Smaller entities of fewer than 500 workers were given a tax credit, which they can secure immediately by not having to pay Medicare payroll taxes, in exchange for providing paid medical leave. The DFL and its allies would like to compel them to do so.

Brian Elliott, the executive director of the SEIU Minnesota State Council, said the worker coalition, which also includes nurses and educators, is focused on “making these workers whole who had to burn through their own (paid time off), and in many cases take unpaid time off to care for someone or themselves or had to quarantine.”

SEIU workers include janitors and security officers at large commercial buildings, many of them employed by big companies that were exempted from the federal mandate of paid time off for COVID-19 illness and quarantining.

The bill would apply to hundreds of thousands of Minnesotans who wound up ineligible for paid time off during the pandemic.

Republicans are said to be more interested in using some of the $2.8 billion American Rescue Plan received by Minnesota to give essential workers premium pay, but that gets expensive quickly unless the checks are trivial. For instance, $1,000 to 500,000 workers would be $500 million.

State Sen. Erin Murphy, DFL-St. Paul, who authored a companion bill to the Frazier House measure, said, “We’re continuing to fight” to win the benefits for people who need them.

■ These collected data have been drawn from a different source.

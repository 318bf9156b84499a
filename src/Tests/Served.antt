-- ===== src/Tests/Served.antt =====
-- A run of a command from the network to its answer.
use socket_server.Prelude.{◌≡◌, refl, inl, true, false, none, some, List, [], ◌∷◌, ◌++◌, arith}
use socket_server.Prelude.Bytes.{Bytes, codes, pack_le32}
use socket_server.Prelude.Int.{pos}
use socket_server.NetUtils.{Completed}
use socket_server.Protocol.{done, raised, and_then, Env, setup, respond, handle}
use socket_server.Protocol.Frames.{idle, IsCut}
use socket_server.Listen.{Ports, Listening}
use socket_server.Handlers.{Services, do_command}
use socket_server.Handlers.Answers.{AnswersSized, handle-sized}

abbrev went_well : Completed
went_well = record { returncode = pos 0; stdout = []; stderr = [] }

-- JSON values are texts, and the world is what was sent.
abbrev echo : Services (List Bytes) Bytes
echo = record {
  loads = λ json. some json;
  dumps = λ json. json;
  compress_gzip = λ b. 31 ∷ b;
  call = λ op json w. done json w;
  has_pcaps = λ json. true;
  replay = λ json w. done json w;
  error_status = λ reason. reason;
  failure = codes "error";
  error = λ reason. reason;
  res = λ json. json;
  wants_gzip = λ json. false;
  read_file = λ path w. done [] w;
  routes = λ w. done [] w;
  version = codes "1.8.1";
  version_details = [];
  apply_upgrade = λ json w. raised w;
  unzip_file = λ json w. done tt w;
  listen_args = λ json. none;
  pid_list = λ ps. [];
  file_arg = λ json. none;
  write_data = λ path b w. done tt w;
  chromium_path = λ json. json;
  chromium_runs = λ path w. true;
  ensure_chromium = λ path w. done true w;
  probe = λ path w. done went_well w;
  install_libraries = λ w. none;
}

abbrev no_ports : Ports (List Bytes)
no_ports = record {
  ip_version_of = λ host. none;
  spawn = λ host af port w. (none, w);
  is_alive = λ p w. false;
  terminate_join = λ p w. w;
  kill_process = λ p w. w;
  pid = λ port w. [];
  kill = λ p w. w;
  pause = λ w. w;
}

abbrev service : Env (Listening (List Bytes))
service = record {
  file_info = λ json. none;
  decompress_gzip = λ zipped. none;
  write_file = λ path file s. raised s;
  sendall = λ answer s. done tt (record s { world = answer ∷ s.world });
  on_data = do_command echo no_ports;
}

abbrev quiet : Listening (List Bytes)
quiet = record { ss = none; world = [] }

-- Command 1 with two bytes, in two chunks.
exec-IsCut :
    IsCut (pack_le32 1 ++ (8 ∷ 9 ∷ [])) (6 ∷ 0 ∷ 0 ∷ 0 ∷ 1 ∷ 0 ∷ []) ((0 ∷ 0 ∷ 8 ∷ 9 ∷ []) ∷ [])
exec-IsCut = record {
  joined = refl;
  header = omega arith;
  chunks = (omega arith, tt);
  fits = omega arith;
}

handle-sized_example :
    (handle service ((6 ∷ 0 ∷ 0 ∷ 0 ∷ 1 ∷ 0 ∷ []) ∷ (0 ∷ 0 ∷ 8 ∷ 9 ∷ []) ∷ []) (idle setup) quiet
      ≡ and_then
          (do_command echo no_ports (pos 1) (8 ∷ 9 ∷ []) (some (codes "tmp")) quiet)
          (λ res_do v. and_then (respond service res_do v) (λ _ u. done (idle setup) u)))
    × AnswersSized (do_command echo no_ports (pos 1) (8 ∷ 9 ∷ []) (some (codes "tmp")) quiet)
handle-sized_example =
    handle-sized echo no_ports service setup 1 (8 ∷ 9 ∷ []) (6 ∷ 0 ∷ 0 ∷ 0 ∷ 1 ∷ 0 ∷ [])
      ((0 ∷ 0 ∷ 8 ∷ 9 ∷ []) ∷ []) quiet refl refl (inl refl) exec-IsCut
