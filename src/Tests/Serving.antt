-- ===== src/Tests/Serving.antt =====
-- Runs of the start of the service.
use socket_server.Prelude.{
  ℕ, ◌+◌, refl, true, false, Option, none, some, List, [], ◌∷◌, if◌then◌else◌,
}
use socket_server.Prelude.Bytes.{Text, codes, eqb}
use socket_server.Prelude.Int.{ℤ, pos}
use socket_server.HttpFile.Port.{listens, os_error}
use socket_server.Serve.{State, Setup, cmd_serve}
use socket_server.Serve.Order.{Serves, cmd_serve-Serves}

-- The world is the number of commands that were run; all go well.
abbrev systemctl : List Text → ℕ → ℤ × ℕ
systemctl args n = (pos 0, n + 1)

abbrev system : Text → ℕ → ℕ
system cmd n = n + 1

abbrev as_int : Text → Option ℤ
as_int s = if eqb s (codes "9001") then some (pos 9001) else none

abbrev host : State ℕ
host = record {
  rmem_max = record { cur = some (pos 212992); writable = true };
  wmem_max = record { cur = some (pos 67108864); writable = true };
  environ = [];
  machine = record {
    binaries = record { current_runs = true; fallback_runs = false; own = none };
    unit = some (codes "[Unit]");
    writable = true;
    config = some (codes "http_port=9001");
    world = 0;
  };
  http = [];
  tcp = [];
}

-- A host without IPv6.
abbrev plain : Setup
plain = record {
  path_java = [];
  browsers_path = codes "/root/.cache/ms-playwright";
  config = some (codes "http_port=9001" ∷ []);
  http_v4 = listens;
  http_v6 = os_error;
  tcp_v4 = listens;
  tcp_v6 = os_error;
}

cmd_serve-Serves_example :
    Serves systemctl system as_int plain host (cmd_serve systemctl system as_int plain host)
cmd_serve-Serves_example = cmd_serve-Serves systemctl system as_int plain host refl refl
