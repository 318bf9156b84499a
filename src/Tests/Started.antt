-- ===== src/Tests/Started.antt =====
-- Runs of the capture process and of the choice of a processor.
use socket_server.Prelude.{◌≡◌, refl, true, false, none, some, [], ◌∷◌, arith, ltb}
use socket_server.Prelude.Bytes.{Bytes, codes, eqb}
use socket_server.Capture.Sort.{little, sort}
use socket_server.Capture.Sort.Format.{renumber}
use socket_server.Capture.Sort.File.{records_of}
use socket_server.Capture.Process.{
  TsMode, ts_mode_of, Kernel, AfPacketCapture, global_header, start, decode_ts_ns, frame, timed_out,
  failed, Story, ready, capture_process_main,
}
use socket_server.Capture.Process.Written.{packets_of}
use socket_server.Capture.Process.Recorded.{IsCalmStory, all_received, capture_process_main-records}
use socket_server.Capture.Cpu.{Bindings, Processors, Interface}

-- A kernel without time stamps.
abbrev plain_kernel : Kernel
plain_kernel = record {
  timestamping_hardware = false;
  timestamping_software = false;
  timestampns = false;
  filter_compiles = false;
  binds = true;
}

-- Two frames, one of them still in the queue at the stop.
abbrev two_frames : Story
two_frames = record {
  early = timed_out ∷ [];
  received = frame (1 ∷ 2 ∷ []) [] 5000000000 ∷ timed_out ∷ [];
  last = timed_out;
  queue = frame (3 ∷ []) [] 2000000007 ∷ [];
  joined = true;
  drops = some 0;
  flushed = 24;
  sortable = true;
}

-- The interface goes down before the capture is ready.
abbrev went_down : Story
went_down = record two_frames { early = failed true ∷ [] }

abbrev begun : AfPacketCapture
begun = record {
  ts_mode = TsMode.userspace;
  hw_degraded_warned = false;
  written = global_header;
  pkt_count = 0;
  dropped = 0;
  exc = false;
  running = true;
}

plain_kernel-start : start [] plain_kernel ≡ some begun
unfolding start ts_mode_of eqb
plain_kernel-start = refl

two_frames-IsCalmStory : IsCalmStory (ts_mode_of plain_kernel) two_frames
unfolding ts_mode_of decode_ts_ns
two_frames-IsCalmStory = record {
  early_calm = (tt, tt);
  received_calm = (
    record {
      ts_ns = 5000000000;
      degraded = false;
      decoded = refl;
      early_enough = omega arith;
      short = omega arith;
    },
    (tt, tt),
  );
  last_calm = tt;
  queue_frames = (
    record {
      ts_ns = 2000000007;
      degraded = false;
      decoded = refl;
      early_enough = omega arith;
      short = omega arith;
    },
    tt,
  );
  in_time = refl;
  can_sort = refl;
}

capture_process_main-records_example :
    ((capture_process_main [] plain_kernel two_frames).message ≡ ready)
    × ((capture_process_main [] plain_kernel two_frames).exit_code ≡ 0)
    × ((file : Bytes) × ((capture_process_main [] plain_kernel two_frames).file ≡ some file)
        × (records_of little file
            ≡ renumber 0 (
                sort
                  (renumber 0 (packets_of (ts_mode_of plain_kernel) (all_received two_frames))))))
capture_process_main-records_example =
    capture_process_main-records [] plain_kernel two_frames begun plain_kernel-start
      two_frames-IsCalmStory

-- Of four processors the second is allocated and the third is at work.
abbrev four_cpus : Processors
four_cpus = record {
  cpu_count = some 4;
  stat =
      some (record { cpu_id = 2; user = 999; nice = 0; system = 0; idle = 1; more = 0 ∷ [] })
      ∷ none
      ∷ [];
  irq_exists = λ irq. ltb irq 40;
  affinity = λ irq. none;
  rps_writable = λ eth. true;
  rfs_writable = λ eth. false;
  rps_off = λ eth. false;
  rfs_off = λ eth. false;
}

abbrev one_bound : Bindings
one_bound = record { nic_cpu_binding = (codes "eth0", 1) ∷ []; allocated_cpus = 1 ∷ [] }

abbrev eth1 : Interface
eth1 = record { is_there = true; msi_irqs = 33 ∷ 31 ∷ 50 ∷ []; named_irqs = []; proc_irqs = [] }
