-- ===== src/Tests/Transfer.antt =====
-- Runs of the TCP handler of socket_server/protocol.py.
use socket_server.Prelude.{◌≡◌, refl, inl, inr, false, some, List, [], ◌∷◌, arith, drop}
use socket_server.Prelude.Bytes.{Bytes}
use socket_server.Protocol.{done, FileInfo, Env, setup, handle}
use socket_server.Protocol.Frames.{idle, IsCut, Sent, received, dispatch_all, handle-received}
use socket_server.Protocol.Invariant.{IsValid, IfDone, handle-IsValid}
use socket_server.Protocol.Upload.{upload, upload_effect, dispatch_all-upload}

-- A world that keeps what was sent and what was written, the last first.
abbrev log_env : Env (List Bytes)
log_env = record {
  file_info = λ json. some (record { filepath = some json; gzip = false });
  decompress_gzip = λ zipped. some (drop 1 zipped);
  write_file = λ path file w. done tt (file ∷ w);
  sendall = λ answer w. done tt (answer ∷ w);
  on_data = λ datatype data_bytes path w. done (some data_bytes) w;
}

-- Command 1 with two bytes of data, and its frame in two chunks.
abbrev ping : Bytes
ping = 1 ∷ 0 ∷ 0 ∷ 0 ∷ 7 ∷ 8 ∷ []

abbrev ping_first : Bytes
ping_first = 6 ∷ 0 ∷ 0 ∷ 0 ∷ 1 ∷ 0 ∷ []

abbrev ping_more : List Bytes
ping_more = (0 ∷ 0 ∷ 7 ∷ []) ∷ (8 ∷ []) ∷ []

ping-IsCut : IsCut ping ping_first ping_more
ping-IsCut = record {
  joined = refl;
  header = omega arith;
  chunks = (omega arith, (omega arith, tt));
  fits = omega arith;
}

abbrev ping_sent : Sent
ping_sent = record { payload = ping; first = ping_first; more = ping_more; cut = ping-IsCut }

handle-received_example :
    handle log_env (received (ping_sent ∷ ping_sent ∷ [])) (idle setup) []
    ≡ dispatch_all log_env (ping ∷ ping ∷ []) (idle setup) []
handle-received_example = handle-received log_env (ping_sent ∷ ping_sent ∷ []) setup []

setup-IsValid : IsValid setup
setup-IsValid = record { frame = inl (refl, refl); file = λ e. inr refl }

handle-IsValid_example : IfDone IsValid (handle log_env (ping_first ∷ ping_more) setup [])
handle-IsValid_example = handle-IsValid log_env (ping_first ∷ ping_more) setup [] setup-IsValid

abbrev parts : List Bytes
parts = (5 ∷ []) ∷ (6 ∷ 7 ∷ []) ∷ []

abbrev info : FileInfo
info = record { filepath = some (9 ∷ []); gzip = false }

dispatch_all-upload_example :
    dispatch_all log_env (upload (9 ∷ []) parts) (record setup { bin_recv_flag = false }) []
    ≡ upload_effect log_env info (5 ∷ 6 ∷ 7 ∷ []) (record setup { bin_recv_flag = false }) []
dispatch_all-upload_example =
    dispatch_all-upload log_env info (9 ∷ []) parts setup [] refl (omega arith, (omega arith, tt))
      (omega arith) (omega arith)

Without a deal on essential work paid time off, reinsurance — a Republican priority — will likely remain stuck in place.

The House DFL and Senate GOP have agreements on smaller budget bills like commerce and energy, agriculture, higher education and the Legacy Amendment money that goes to clean water and other environmental funding and the arts.

But House Republicans are currently filibustering those bills. They hope to force Democrats to support reinsurance, which Republicans say is necessary to keep health care affordable for people on the individual insurance market.